I want to encapsulate several parts of pre-processing my data: dropping rows with 30% or more NaNs, dropping columns with 30% or more NaNs, amongst other things.

Here's the start of my attempt at a custom Transformer:

class NanHandler(BaseEstimator, TransformerMixin):
    def __init__(self, target_col, row_threshold=0.7, col_threshold=0.7):
        self.target_col = target_col
        self.row_threshold = row_threshold
        self.col_threshold = col_threshold
    def transform(self, X):
        # drop rows and columns with >= 30% NaN values
    def fit(self, *_):
        return self

However, I want to use this Transformer with k-fold cross-validation. I'm concerned that if I do 3-fold cross-validation, it's unlikely (but possible) that I run into the following situation:

Train on folds 1 and 2, test on 3

Train on folds 2 and 3, test on 1

Train on folds 1 and 3, test on 2

Folds 1 and 2 combined may have over 30% Nans in a specific column (call it colA).

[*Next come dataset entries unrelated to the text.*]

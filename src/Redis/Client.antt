-- ===== src/Redis/Client.antt =====
-- redis/client.ts: the one client that the engine shares, and clients of their own. A client is the number
-- of its `new Redis`; `status` is what its field `status` holds at the time, which ioredis sets.
use settlement_engine.Prelude.{
  ℕ, ◌+◌, ◌<◌, ◌≡◌, String, Bool, true, false, ◌||◌, ◌==◌, Option, none, some, List, [], ◌∷◌, any,
  str_eq, if◌then◌else◌, arith,
}

pub record RedisClients : Type 0 where
  -- the variable `redisClient`
  pub redis_client : Option ℕ
  pub made : ℕ
  -- clients that `disconnect` or `quit` has been called on
  pub ended : List ℕ
  -- clients that were handed out for the caller to end
  pub isolated : List ℕ

-- as the module is loaded
abbrev pub no_client : RedisClients
no_client = record { redis_client = none; made = 0; ended = []; isolated = [] }

abbrev pub is_client_connected : String → Bool
is_client_connected status = str_eq status "ready" || str_eq status "connecting"

abbrev pub make_client : RedisClients → ℕ × RedisClients
make_client c = (c.made, record c { redis_client = some c.made; made = c.made + 1 })

abbrev pub end_client : ℕ → RedisClients → RedisClients
end_client k c = record c { redis_client = none; ended = k ∷ c.ended }

unfoldable pub get_redis_client : (ℕ → String) → RedisClients → ℕ × RedisClients
get_redis_client status c = elim c.redis_client [
  | none ↦ make_client c
  | some k ↦ if is_client_connected (status k) then (k, c) else make_client (end_client k c)
]

-- `quit` for a client that is connected, `disconnect` for another; what they throw is ignored
unfoldable pub close_redis_client : RedisClients → RedisClients
close_redis_client c = elim c.redis_client [ none ↦ c | some k ↦ end_client k c ]

unfoldable pub create_isolated_redis_client : RedisClients → ℕ × RedisClients
create_isolated_redis_client c =
    (c.made, record c { made = c.made + 1; isolated = c.made ∷ c.isolated })

-- What the modules that share the client may do, with any status of the clients.
pub data Uses : RedisClients → Type 0 where
  loaded : Uses no_client
  gets : (c : RedisClients) (status : ℕ → String) → Uses c → Uses (get_redis_client status c).1
  closes : (c : RedisClients) → Uses c → Uses (close_redis_client c)
  isolates : (c : RedisClients) → Uses c → Uses (create_isolated_redis_client c).1

abbrev pub is_current : ℕ → Option ℕ → Bool
is_current k none = false
is_current k (some j) = j == k

abbrev pub is_accounted : ℕ → RedisClients → Bool
is_accounted k c =
    is_current k c.redis_client || (any (λ j. j == k) c.ended || any (λ j. j == k) c.isolated)

-- a client that was made is the one that is shared, or it has been ended, or its caller has it
abbrev pub Accounted : RedisClients → Type 0
Accounted c = (k : ℕ) → k < c.made → is_accounted k c ≡ true

get-Accounted :
    (c : RedisClients) (status : ℕ → String) → Accounted c → Accounted (get_redis_client status c).1
unfolding get_redis_client
get-Accounted c status h k lt = ground (arith, h k)

close-Accounted : (c : RedisClients) → Accounted c → Accounted (close_redis_client c)
unfolding close_redis_client
close-Accounted c h k lt = ground (arith, h k)

isolate-Accounted : (c : RedisClients) → Accounted c → Accounted (create_isolated_redis_client c).1
unfolding create_isolated_redis_client
isolate-Accounted c h k lt = ground (arith, h k)

used-Accounted : {c : RedisClients} → Uses c → Accounted c
used-Accounted loaded = λ k lt. absurd (omega arith)
used-Accounted (gets c status u) = get-Accounted c status (used-Accounted u)
used-Accounted (closes c u) = close-Accounted c (used-Accounted u)
used-Accounted (isolates c u) = isolate-Accounted c (used-Accounted u)

-- Whatever is asked of the module, in any order and whatever the status of the clients: a client that has
-- neither been ended nor been handed out to its caller is the one that the engine shares.
pub open_client_shared :
    {c : RedisClients} (k : ℕ)
    → Uses c
    → k < c.made
    → any (λ j. j == k) c.ended ≡ false
    → any (λ j. j == k) c.isolated ≡ false
    → c.redis_client ≡ some k
open_client_shared {c} k u lt going kept =
    let h = used-Accounted u k lt in ground (arith, h, going, kept)
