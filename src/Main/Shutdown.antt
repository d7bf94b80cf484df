-- ===== src/Main/Shutdown.antt =====
-- The handler of SIGINT and SIGTERM in index.ts, at the grain of `await`: each call of `shutdown` is at a
-- stage, and `advance` is what it runs without a pause, if what it awaits is there.
pub mod Closing
pub mod Halting
pub mod Stages
pub mod Drained
pub mod Signals
use settlement_engine.Prelude.{ℕ, zero, suc, Bool, false, Option, none, some, List, if◌then◌else◌}
use settlement_engine.Exec.{Result, ok, err}
use settlement_engine.Schemas.{MatchWithMeta}
use settlement_engine.Contract.Errors.{Thrown}
use settlement_engine.Nonce.{NonceManager, destroy}
use settlement_engine.Redis.Client.{RedisClients, close_redis_client}
use settlement_engine.Processor.Polling.{Polling, stop, stop_goes_on}
use settlement_engine.Sweeper.Timer.{Timer, stop_timer}

pub record Engine : Type 0 where
  pub sweeper : Option Timer
  pub polling : Polling
  pub nonce_manager : NonceManager
  pub clients : RedisClients

pub data Stage : Type 0 where
  begins : Stage
  -- `await this.sweepPromise` in `sweeper.stop()`
  sweep_awaited : Stage
  at_processor : Stage
  -- `await this.processingPromise` in `batchProcessor.stop()`
  batch_awaited : Stage
  -- `await this.processBatch()` there
  farewell_awaited : Stage
  at_nonce_manager : Stage
  at_client : Stage
  -- `process.exit(0)`
  exited : Stage
  -- `shutdown` has thrown
  failed : Stage

abbrev pub after_stop : Option (List MatchWithMeta) → Stage
after_stop none = at_nonce_manager
after_stop (some batch) = farewell_awaited

-- `if (sweeper) await sweeper.stop()`
abbrev pub stop_sweeper : Option Timer → Engine → Stage × Engine
stop_sweeper none e = (at_processor, e)
stop_sweeper (some t) e =
    if t.is_running
    then (sweep_awaited, record e { sweeper = some (stop_timer t) })
    else (at_processor, e)

abbrev pub await_sweep : Option Timer → Engine → Stage × Engine
await_sweep none e = (at_processor, e)
await_sweep (some t) e =
    if t.awaited
    then (sweep_awaited, e)
    else (at_processor, record e { sweeper = some (record t { stopping = false }) })

-- `await batchProcessor.stop()`
unfoldable pub stop_processor : ℕ → Engine → Stage × Engine
unfolding stop
stop_processor now e =
    let p = stop now e.polling in
    if e.polling.is_running
    then (if e.polling.processing
        then (batch_awaited, record e { polling = p })
        else (after_stop p.farewell, record e { polling = p }))
    else (at_nonce_manager, e)

unfoldable pub await_batch : ℕ → Bool → Engine → Stage × Engine
unfolding stop_goes_on
await_batch now rejected e =
    let p = stop_goes_on now rejected e.polling in
    if e.polling.processing
    then (batch_awaited, e)
    else if rejected
    then (failed, record e { polling = p })
    else (after_stop p.farewell, record e { polling = p })

abbrev pub destroyed : Result Thrown (Unit {0}) × NonceManager → Engine → Stage × Engine
destroyed (ok done, n) e = (at_client, record e { nonce_manager = n })
destroyed (err thrown, n) e = (failed, record e { nonce_manager = n })

-- `rejected` is whether the promise of the batch in flight has been rejected
unfoldable pub advance : ℕ → Bool → Stage → Engine → Stage × Engine
unfolding stop_processor await_batch destroy close_redis_client
advance now rejected begins e = stop_sweeper e.sweeper e
advance now rejected sweep_awaited e = await_sweep e.sweeper e
advance now rejected at_processor e = stop_processor now e
advance now rejected batch_awaited e = await_batch now rejected e
advance now rejected farewell_awaited e = (after_stop e.polling.farewell, e)
advance now rejected at_nonce_manager e = destroyed (destroy e.nonce_manager) e
advance now rejected at_client e = (exited, record e { clients = close_redis_client e.clients })
advance now rejected exited e = (exited, e)
advance now rejected failed e = (failed, e)

-- a number of steps of one call
unfoldable pub advances : ℕ → ℕ → Stage × Engine → Stage × Engine
unfolding advance
advances zero now s = s
advances (suc rounds) now (stage, e) = advances rounds now (advance now false stage e)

So my NanHandler will drop this column before training. However, folds 2 and 3 combined may have less than 30% NaNs and so it won't drop colA, resulting my model being trained on different columns than the first pass.

1) How should I handle this situation?

2) Is this also a problem if I want to drop rows that have 30% ore more NaN values (in that I'll train on a different number of rows during k-fold cross-validation)?

Thanks!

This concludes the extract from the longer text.